(Stored data)
--------------------------------------------------

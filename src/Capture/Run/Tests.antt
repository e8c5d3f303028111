-- ===== src/Capture/Run/Tests.antt =====
-- A capture that is stopped while it fetches, and two answers of different boots.
use dragon_sniff.Prelude.{String, true, false, [], ◌∷◌, some, ◌≡◌, refl}
use dragon_sniff.Prelude.Int.{ℤ}
use dragon_sniff.Json.{obj, str, field, end, get, find}
use dragon_sniff.Client.Fetch.{FetchResult, blank}
use dragon_sniff.Capture.Annotate.{cancelled}
use dragon_sniff.Capture.Run.{
  settled, Run, new_run, health, sample, observe_boot_id, finish_if_complete, Step, Reach, started,
  completing, request_stop, sampling,
}
use dragon_sniff.Capture.Run.Tallied.{Tallied, Reach-Tallied}
use dragon_sniff.Capture.Run.Live.{Finishes, Reach-Finishes}
use dragon_sniff.Capture.Run.Ended.{HasEnded, Reach-HasEnded}

abbrev print_int : ℤ → String
print_int z = "7"

abbrev healthy : String → FetchResult
healthy boot = record (blank 1 "/api/v2/health") {
  is_ok = true;
  parsed = obj (field "boot_id" (str boot) end);
}

two_boots :
    (sample print_int health
      (healthy "b")
      (sample print_int health (healthy "a") new_run)).boot_id_changes
    ≡ record { previous = "a"; current = "b"; fetch_sequence = 2 } ∷ []
unfolding sample observe_boot_id get find
two_boots = refl

-- Started, a fetch begun and ended, a stop, the cancel, the record, and the last check.
abbrev fetched : Run
fetched =
    sample print_int health (healthy "a")
      (record (record (started false new_run) { connections = 1 }) { connections = 0 })

abbrev stopped : Run
stopped = record (request_stop fetched) { cancel = true }

abbrev ended_run : Run
ended_run = record (completing cancelled (record stopped { connections = 0 })) {
  ended = some cancelled;
}

reached_stop : Reach print_int sampling stopped
unfolding sample observe_boot_id get find
reached_stop =
    let fetching =
      Reach.then (Reach.then (Reach.then Reach.begins (Step.starts false refl)) Step.thread_starts)
        Step.fetch_begins in
    Reach.then
      (Reach.then (Reach.then fetching (Step.fetch_ends health (healthy "a"))) Step.stop_requested)
      Step.cancel_set

reached : Reach print_int settled (finish_if_complete ended_run)
unfolding sample observe_boot_id get find
reached =
    Reach.then
      (Reach.then
        (Reach.then (Reach.then reached_stop (Step.leaves true false (λ seen. refl)))
          Step.completes)
        Step.records)
      Step.worker_checks

Reach-Finishes_example : Finishes print_int sampling stopped
Reach-Finishes_example = Reach-Finishes print_int sampling stopped reached_stop refl

Reach-HasEnded_example :
    HasEnded (finish_if_complete ended_run) × ((finish_if_complete ended_run).source_alive ≡ false)
unfolding sample observe_boot_id finish_if_complete get find
Reach-HasEnded_example =
    Reach-HasEnded print_int settled (finish_if_complete ended_run) reached refl

Reach-Tallied_example : Tallied stopped
Reach-Tallied_example = Reach-Tallied print_int sampling stopped reached_stop
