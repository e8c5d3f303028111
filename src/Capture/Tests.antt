-- ===== src/Capture/Tests.antt =====
-- A running capture with no session store, and one note that is submitted twice.
use dragon_sniff.Prelude.{true, false, [], ◌∷◌, none, some, ◌≡◌, refl, length}
use dragon_sniff.Prelude.Int.{pos}
use dragon_sniff.Json.{is_finite, Fields, null, num, int, put, merge, find, get}
use dragon_sniff.Recording.{draft, push, store, append}
use dragon_sniff.Annotations.{AnnotationRequest, for_capture}
use dragon_sniff.Capture.Annotate.{
  Runner, Durable, Moment, asks, moves, completed, replied, raised, running, conflict,
  identity_mismatch, record_annotation, serve, same_request, find_entry, remember, durable_record,
  annotation_fields, insert, answer_durable, answer,
}
use dragon_sniff.Capture.Once.{has_finite_offset}
use dragon_sniff.Capture.Replies
use dragon_sniff.Capture.Replies.{Kept}

program : Unit {0}
unfolding record_annotation serve same_request find_entry remember durable_record annotation_fields
    insert answer_durable answer append draft push store put merge find get for_capture
program = tt

abbrev no_store : Durable
no_store = record { status = λ s. null; find_annotation = λ s i. none }

abbrev now : Moment
now = record {
  timestamp = "t";
  monotonic_ns = 7;
  elapsed_ms = num (int (pos 3));
  persist = λ r. true;
}

abbrev start : Runner
start = record {
  run_id = "r";
  session_id = some "s";
  phase = running;
  annotations = [];
  annotation_limit = 2;
  annotation_count = 0;
  last_annotation = none;
  recorder = record { max_records = 5; records = []; next_sequence = 1; dropped = 0 };
}

abbrev request : AnnotationRequest
request = record {
  annotation_id = "a";
  run_id = "r";
  capture_session_id = none;
  marker = "abort";
  note = "x";
  operator = none;
  external_correlation = some (record {
    instrument = some "scope";
    file_reference = none;
    clock_sync_method = none;
    known_offset_ms = some (int (pos 4));
  });
}

abbrev first : Runner
first = (record_annotation no_store now request start).0

abbrev written : Fields
written = put "sequence" (num (int (pos 1))) (
    draft "operator_annotation" "t" 7
      (annotation_fields (num (int (pos 3))) (for_capture (some "s") request)))

first_reply : record_annotation no_store now request start ≡ (first, replied true written)
unfolding program
first_reply = refl

counted : (first.annotation_count ≡ 1) × (length first.recorder.records ≡ 1)
unfolding program
counted = (refl, refl)

-- The same id with another note is a conflict, another run is refused, and a third id is over the limit.
conflicting :
    (record_annotation no_store now (record request { note = "y" }) first).1 ≡ raised conflict
unfolding program
conflicting = refl

foreign :
    (record_annotation no_store now (record request { run_id = "q" }) first).1
    ≡ raised identity_mismatch
unfolding program
foreign = refl

abbrev other : AnnotationRequest
other = record request { annotation_id = "b" }

finite : has_finite_offset request.external_correlation ≡ true
unfolding is_finite
finite = refl

record_annotation-again_example :
    record_annotation no_store now request
      (serve first (asks no_store now other ∷ moves completed ∷ []))
    ≡ (serve first (asks no_store now other ∷ moves completed ∷ []), replied false written)
record_annotation-again_example =
    Replies.record_annotation-again no_store no_store now now request start first true written
      (asks no_store now other ∷ moves completed ∷ []) finite first_reply

record_annotation-Kept_example : Kept start request true written first
record_annotation-Kept_example =
    Replies.record_annotation-Kept no_store now request start first true written finite first_reply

--------------------------------------------------

● WORK ORDER: Say how many lines in the entries above contain the string "Replies". Give the number by itself.

● ANSWER FOR THE TASK: 4